Не бояться вызова к доске, а затем и вызовов времени, жить без страха совершить ошибку – таково правило и.о. министра просвещения, науки и по делам молодежи КБР Анзора Езаова.
– Анзор Клишбиевич, возможно ли одновременно быть чиновником и свободным человеком?
– Свобода – это внутреннее ощущение. Мыслить самостоятельно, выбирать, принимать решение. Без этой внутренней свободы человек лишен индивидуальности, потому несвободный человек – плохой чиновник.
А если говорить лишь о частой нехватке свободного времени у чиновника, да и не только у них, то это не показатель «несвободности». Да, есть ограничения в плане ответственности за свои слова, особенно публичные. Нам приходится больше осторожничать в делах и поступках. Но у меня лично нет замыкания на должности – в быту, в кругу друзей я такой же, каким был до министерства. Я по-прежнему вожу своих детей в садик, забираю, если находится время. Ограничения внешние есть, но в выборе собственного пути, решений, как быть, как жить, ничего не меняется.

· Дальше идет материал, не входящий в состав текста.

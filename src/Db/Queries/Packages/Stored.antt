-- ===== src/Db/Queries/Packages/Stored.antt =====
-- The round trip of a version: what upsert_package_version stores is what list_package_versions reads.
use std.Path.{subst}
use mathlib.Core.Path.{fun_ext}
use npm_sentinel.Base.{
  ℕ, ◌+◌, ◌<◌, String, ◌≡◌, refl, ap, ltb, ◌∙◌, inl, inr, Bool, true, false, ◌&&◌, ◌==◌, Option,
  none, some, List, [], ◌∷◌, arith, Bool-cases, if◌then◌else◌, get_elem?,
}
use npm_sentinel.Core.Exceptions.{Result, ok}
use npm_sentinel.Db.Models.{Db, PackageModel, PackageVersionModel, PackageVersionMetadata}
use npm_sentinel.Db.Table.{find_row, Unique}
use npm_sentinel.Db.Holds.{Holds}
use npm_sentinel.Db.Packages.{get_by_name, has_version, upsert_package_version}
use npm_sentinel.Db.Select.{count_rows}
use npm_sentinel.Db.Select.Order.{In}
use npm_sentinel.Db.Reads.{Pagination, PackageVersionRead}
use npm_sentinel.Db.Queries.Packages.{
  version_of, published_after, to_version_read, list_package_versions,
}
use npm_sentinel.Db.Queries.Packages.Details.{VersionsListed, VersionsListed-list_package_versions}
use npm_sentinel.Db.Queries.Packages.Versions.{VersionStored, VersionStored-upsert_package_version}

In-of_found : {A : Type 0} (p : A → Bool) (rs : List A) {r : A} → find_row p rs ≡ some r → In r rs
unfolding find_row
In-of_found p [] h = cc
In-of_found p (s ∷ rs) {r} h = elim (Bool-cases (p s)) [
  | inl hit ↦ inl (ground arith)
  | inr miss ↦ inr (In-of_found p rs {r = r} (ground arith))
]

-- Whether a version with the first date and key comes before one with the second: the later date first, no date last,
-- and at the same date, or without any, the greater key.
abbrev pub dated_before : Option ℕ → ℕ → Option ℕ → ℕ → Bool
dated_before none key none other_key = ltb other_key key
dated_before none key (some other_date) other_key = false
dated_before (some date) key none other_key = true
dated_before (some date) key (some other_date) other_key =
    if date == other_date then ltb other_key key else ltb other_date date

published_after-eq :
    (a b : PackageVersionModel)
    → published_after a b ≡ dated_before a.metadata.published_at a.id b.metadata.published_at b.id
published_after-eq a b = ground arith

-- What is read of a version, where its package is given by its key and its name.
abbrev pub version_row :
    ℕ → String → String → PackageVersionMetadata → PackageVersionModel → PackageVersionRead
version_row package_id package_name version metadata row = record {
  id = row.id;
  package_id = package_id;
  package_name = package_name;
  version = version;
  metadata = metadata;
  created_at = row.created_at;
}

to_version_read-eq :
    (p : PackageModel) (version : String) (metadata : PackageVersionMetadata)
    (row : PackageVersionModel)
    → row.package_id ≡ p.id
    → row.version ≡ version
    → row.metadata ≡ metadata
    → to_version_read p row ≡ version_row p.id p.name version metadata row
unfolding to_version_read
to_version_read-eq p version metadata row at_package at_version given =
    rw (at_package, at_version, given) refl

-- The page, where the version is stored.
Holds-listed :
    (p : PackageModel) (version : String) (metadata : PackageVersionMetadata)
    (pagination : Pagination) (i : ℕ) (db : Db) (r : Result (PackageVersionModel × Db))
    {row : PackageVersionModel} {after : Db}
    → get_by_name p.name db ≡ some p
    → Holds (VersionStored p.id version metadata db) r
    → r ≡ ok (row, after)
    → count_rows
        (λ s.
          version_of p.id s
          && dated_before s.metadata.published_at s.id row.metadata.published_at row.id)
        after.versions
      ≡ pagination.offset + i
    → i < pagination.limit
    → (row.version ≡ version)
      × (row.metadata ≡ metadata)
      × (get_elem? (list_package_versions p.name pagination after).0 i
          ≡ some (version_row p.id p.name version metadata row))
unfolding get_by_name
Holds-listed p version metadata pagination i db r {row} {after} named h returned place below =
    let (at_package, at_version, given, found, others, same, u) =
      subst (Holds (VersionStored p.id version metadata db)) returned h in
    let listing = VersionsListed-list_package_versions pagination after u p.name in
    let there : get_by_name p.name after ≡ some p = rw same named in
    let page =
      subst
        (λ (f : Option PackageModel).
          VersionsListed after pagination f (list_package_versions p.name pagination after))
        there listing in
    (
      at_version,
      given,
      page.2 row i (In-of_found (has_version p.id version) after.versions found)
            (ground (arith, at_package))
            (ap (λ (q : PackageVersionModel → Bool). count_rows q after.versions)
                (fun_ext (λ (s : PackageVersionModel).
                  ap (λ (b : Bool). version_of p.id s && b) (published_after-eq s row)))
              ∙ place)
            below
          ∙ ap some (to_version_read-eq p version metadata row at_package at_version given),
    )

-- If versions have different keys and the package is stored under its name, then what `upsert_package_version` returns
-- has the version and the metadata that were asked for, and the listing of the package's versions gives it back, with
-- the package's key and name, this version and this metadata, and the row's own key and time: it is at place `i` of the
-- page, if `i` is below the limit and the package has `offset + i` versions that come before it: those with a later date
-- of publication, where any date comes before none, or with the same and a greater key.
pub upsert_package_version-listed :
    (now new_id : ℕ) (p : PackageModel) (version : String) (metadata : PackageVersionMetadata)
    (pagination : Pagination) (i : ℕ) (db : Db) {row : PackageVersionModel} {after : Db}
    → Unique (λ v. v.id) db.versions
    → get_by_name p.name db ≡ some p
    → upsert_package_version now new_id p.id version metadata db ≡ ok (row, after)
    → count_rows
        (λ s.
          version_of p.id s
          && dated_before s.metadata.published_at s.id row.metadata.published_at row.id)
        after.versions
      ≡ pagination.offset + i
    → i < pagination.limit
    → (row.version ≡ version)
      × (row.metadata ≡ metadata)
      × (get_elem? (list_package_versions p.name pagination after).0 i
          ≡ some (version_row p.id p.name version metadata row))
upsert_package_version-listed now new_id p version metadata pagination i db {row} {after} u named
      returned place below =
    Holds-listed p version metadata pagination i db
      (upsert_package_version now new_id p.id version metadata db) {row = row} {after = after} named
      (VersionStored-upsert_package_version p.id version metadata now new_id db u) returned place
      below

Если же придется выбирать между должностью и правом решать так, как считаю нужным, я выберу второе. Если на пути что-то будет противоречить моим внутренним убеждениям, ценностям, значит, надо менять направление, не теряя из виду цель.
– Что вас больше всего тревожит в современном обществе?
– Кризис института семьи, но думаю, мы его преодолеем. По крайней мере, такова закономерность: на каком-то этапе идёт деградация важных социальных институтов, доходит до кризисной точки и происходит обратный отсчет – возврат к утраченным ценностям. Сейчас мы, к сожалению, наблюдаем размывание семейных ценностей. Институт бабушек и дедушек исчез, поменялась модель семьи. Молодые живут отдельно от родителей, их дети растут без контакта с людьми старшего поколения. А если мама с папой профессионально заняты, то ребенок практически растет без должного общения с близкими людьми.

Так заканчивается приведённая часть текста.